There is a lot to do at the Dunes, including Hiking trails, sandboarding, horseback riding, nature watching, and much more. We would recommend a full day, if not two, to explore this area. Alamosa, 30 miles to the Southwest, was an excellent place to park for this visit. Although there are closer areas to the dunes to camp, Alamosa had the amenities we were looking for as RVers.
For more information see: Great Sand Dunes National Park via National Park Service
Creede & the Colorado Historic Mining District - Rio Grande Adventure
Near the headwaters of the Rio Grande, west of the San Luis Valley, Creede is the town that just wouldn't give up.
The Upper Rio Grande Valley had long played a part in the lives of indigenous peoples, including the Ute tribe, who transversed the San Juan Mountains based on the season, moving to the valleys in the winter and the high country in the Summer.
Another attraction for the Natives of Southwest Colorado was the hot springs at what is now known as Wagon Wheel Gap, less than ten miles downriver from where Creede would be established. It was there that settlers began farming as early as 1840. By the 1870s, stage stations connecting mining camps over the Divide with the East further increased settlement.
Tourism was also on the grow. Books about the American West helped lure Easterners and European immigrants to the region, and the Denver & Rio Grande Railroad was transporting tourists to Wagon Wheel Gap by 1883 with the opening of a depot.

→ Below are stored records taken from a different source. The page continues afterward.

-- ===== src/Buffer/Room.antt =====
-- Getting room in a buffer, and writing into it.
use lighttpd.Base.{
  ℕ, ◌+◌, ◌-◌, ◌≤◌, ◌<◌, ◌≡◌, refl, ap, ◌∙◌, inl, inr, true, [], ◌∷◌, ◌++◌, append_assoc, arith,
  leb, lt→ltb, Bool-cases, length, length-append, split_at,
}
use lighttpd.Memory.{ok, Bytes, size_mod, add_size, Allocator, fresh, store}
use lighttpd.Buffer.{Buffer, align_size, alloc, realloc, string_prepare_copy, string_prepare_append}
use lighttpd.Buffer.Holds.{
  IsSized, Holds, Stores, Stores-IsSized, align_size_bounds, string_is_empty-Stores,
}
use lighttpd.Memory.Blocks.{length-fresh}

pub add_size_lem : (a b : ℕ) → a + b < size_mod → add_size a b ≡ a + b
add_size_lem a b h = omega arith

-- A buffer that holds `s`, with room for `n` more bytes before the zero.
pub record HasRoom (b : Buffer) (s : Bytes) (n : ℕ) : Type 0 where
  pub holds : Holds b s
  pub room : n ≤ length holds.rest

module _ (h : Allocator) (ample : (n : ℕ) → h.grants n ≡ true) where
  alloc_lem :
      (b : Buffer) (n : ℕ)
      → IsSized b
      → 0 < n
      → n < size_mod
      → (b' : Buffer) × (alloc h b n ≡ ok b') × IsSized b' × (n ≤ b'.size)
  unfolding alloc
  alloc_lem b n z p q = elim (Bool-cases (leb n b.size)) [
    | inl enough ↦ (b, ground arith, z, ground arith)
    | inr small ↦ (
      record { ptr = fresh h 0 (align_size n); used = 0; size = align_size n },
      ground (arith, ample (align_size n)),
      record {
        size_is = omega (arith, length-fresh h 0 (align_size n));
        in_range = (align_size_bounds n q).1;
      },
      (align_size_bounds n q).0,
    )
  ]

  realloc_lem :
      (b : Buffer) (s : Bytes) (n : ℕ)
      → Holds b s
      → length s + 1 + n < size_mod
      → (b' : Buffer) × (realloc h b (length s + 1 + n) ≡ ok b') × HasRoom b' s n
  unfolding realloc
  realloc_lem b s n k q =
      let need = length s + 1 + n in
      let top = align_size need in
      let more = fresh h b.size (top - b.size) in
      elim (Bool-cases (leb need b.size)) [
        | inl enough ↦ (b, ground arith, record { holds = k; room = ground (arith, k.size_is) })
        | inr small ↦ (
          record b { ptr = b.ptr ++ more; size = top },
          ground (arith, ample top),
          record {
            holds = record {
              rest = k.rest ++ more;
              layout = ap (λ m. m ++ more) k.layout ∙ append_assoc s (0 ∷ k.rest) more;
              used_is = k.used_is;
              size_is = ground (
                arith,
                k.size_is,
                length-append k.rest more,
                length-fresh h b.size (top - b.size),
                align_size_bounds need q,
              );
              in_range = (align_size_bounds need q).1;
            };
            room = ground (
              arith,
              k.size_is,
              length-append k.rest more,
              length-fresh h b.size (top - b.size),
              align_size_bounds need q,
            );
          },
        )
      ]

  pub string_prepare_copy_lem :
      (b : Buffer) (n : ℕ)
      → IsSized b
      → n + 1 < size_mod
      → (b' : Buffer) × (string_prepare_copy h b n ≡ ok (b', 0)) × HasRoom b' [] n
  unfolding string_prepare_copy
  string_prepare_copy_lem b n z q =
      let (b', e, z', big) = alloc_lem b (n + 1) z (omega arith) q in
      let (us, x, vs, split, l) = split_at 0 b'.ptr (omega (arith, z'.size_is)) in
      let us-nil : us ≡ [] = ground (arith, l) in
      let e' : b'.ptr ≡ x ∷ vs = rw us-nil at split in
      (
        record b' { used = 1; ptr = 0 ∷ vs },
        rw (add_size_lem n 1 q, lt→ltb n (n + 1) (omega arith), e, e') (unfold store in refl),
        record {
          holds = record {
            rest = vs;
            layout = refl;
            used_is = refl;
            size_is = omega (arith, z'.size_is, ap length e');
            in_range = z'.in_range;
          };
          room = omega (arith, z'.size_is, ap length e');
        },
      )

  pub string_prepare_append_lem :
      {b : Buffer} (s : Bytes) (n : ℕ)
      → Stores b s
      → length s + 1 + n < size_mod
      → (b' : Buffer) × (string_prepare_append h b n ≡ ok (b', length s)) × HasRoom b' s n
  unfolding string_prepare_append
  string_prepare_append_lem {b} [] n k q =
      rw (string_is_empty-Stores k) (string_prepare_copy_lem b n (Stores-IsSized k) (omega arith))
  string_prepare_append_lem (c ∷ s) n (inl u) q = cc (u.2)
  string_prepare_append_lem {b} (c ∷ s) n (inr k) q =
      let (b', e, room) = realloc_lem b (c ∷ s) n k q in
      (
        b',
        ground (
          arith,
          string_is_empty-Stores {b = b} {s = c ∷ s} (inr k),
          k.used_is,
          e,
          room.holds.used_is,
        ),
        room,
      )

The discovery of a high-grade silver vein by Nicholas C. Creede in 1889 started a great rush that would bring thousands to the area seeking their fortune. By 1891, the population in the area of Creede would swell to over 10,000.
The Silver Panic of 1893 shuttered most of the mines, but Creede survived to see a small resurgence in the early 1900s, and through 1966 total production included 58 million troy ounces of silver, plus copper, gold, lead and zinc.
Mining continued until 1985 when the last mine, the Homestake, closed permanently.
Today, Creede has gone back to its tourism roots. City and County leaders began leading efforts to preserve historic buildings and promote the area’s mining history and scenic views. In 1976, the Creede Historical Society was founded, and during the 1980s, the town developed into a vibrant arts community with galleries, theatres, and cultural events.
For history buffs, a journey on the Bachelor Loop Historic Driving Tour tops off your Creede Adventure. Seventeen miles through the historic mining district above Creede, you will experience mining remnants and abandoned camps, tour the Last Chance Mine, and take in the Creede Underground Mining Museum & Community Center adjacent to the loop at the north end of town.
The loop’s route includes 14 interpretive pullouts telling the history of the mining operations and abandoned camps, including Bachelor. The East part of the loop is specified for four-wheel drive vehicles as you go up the steep terrain. However, the Western part of the loop is much easier, and traveling this way allows you to go down the mountains on the rough parts if you can’t make the steep climbs.
For more on the history, see our article Creede Colorado - Silver & Gold on the Rio Grande
While here we stayed at Cool Sunshine RV Park in Alamosa. Its location between the Great Sand Dunes and the Historic Mining District of Creede made this a great place to stay, with plenty of amenities in town. This is a fairly new RV Park, with good wifi, laundry, an outdoor seating area, and more.
The word is that there are seven wagonloads of silver buried by the sand dunes; Don't get your metal detector out though. The dunes are a federal park. Also, a /creek/river flows under the dunes. if you dig down a few feet, you will hit water and you can watch it flow through the hole. Last, there are friendly deer in the camping areas. They have been fed to the point that they are tame.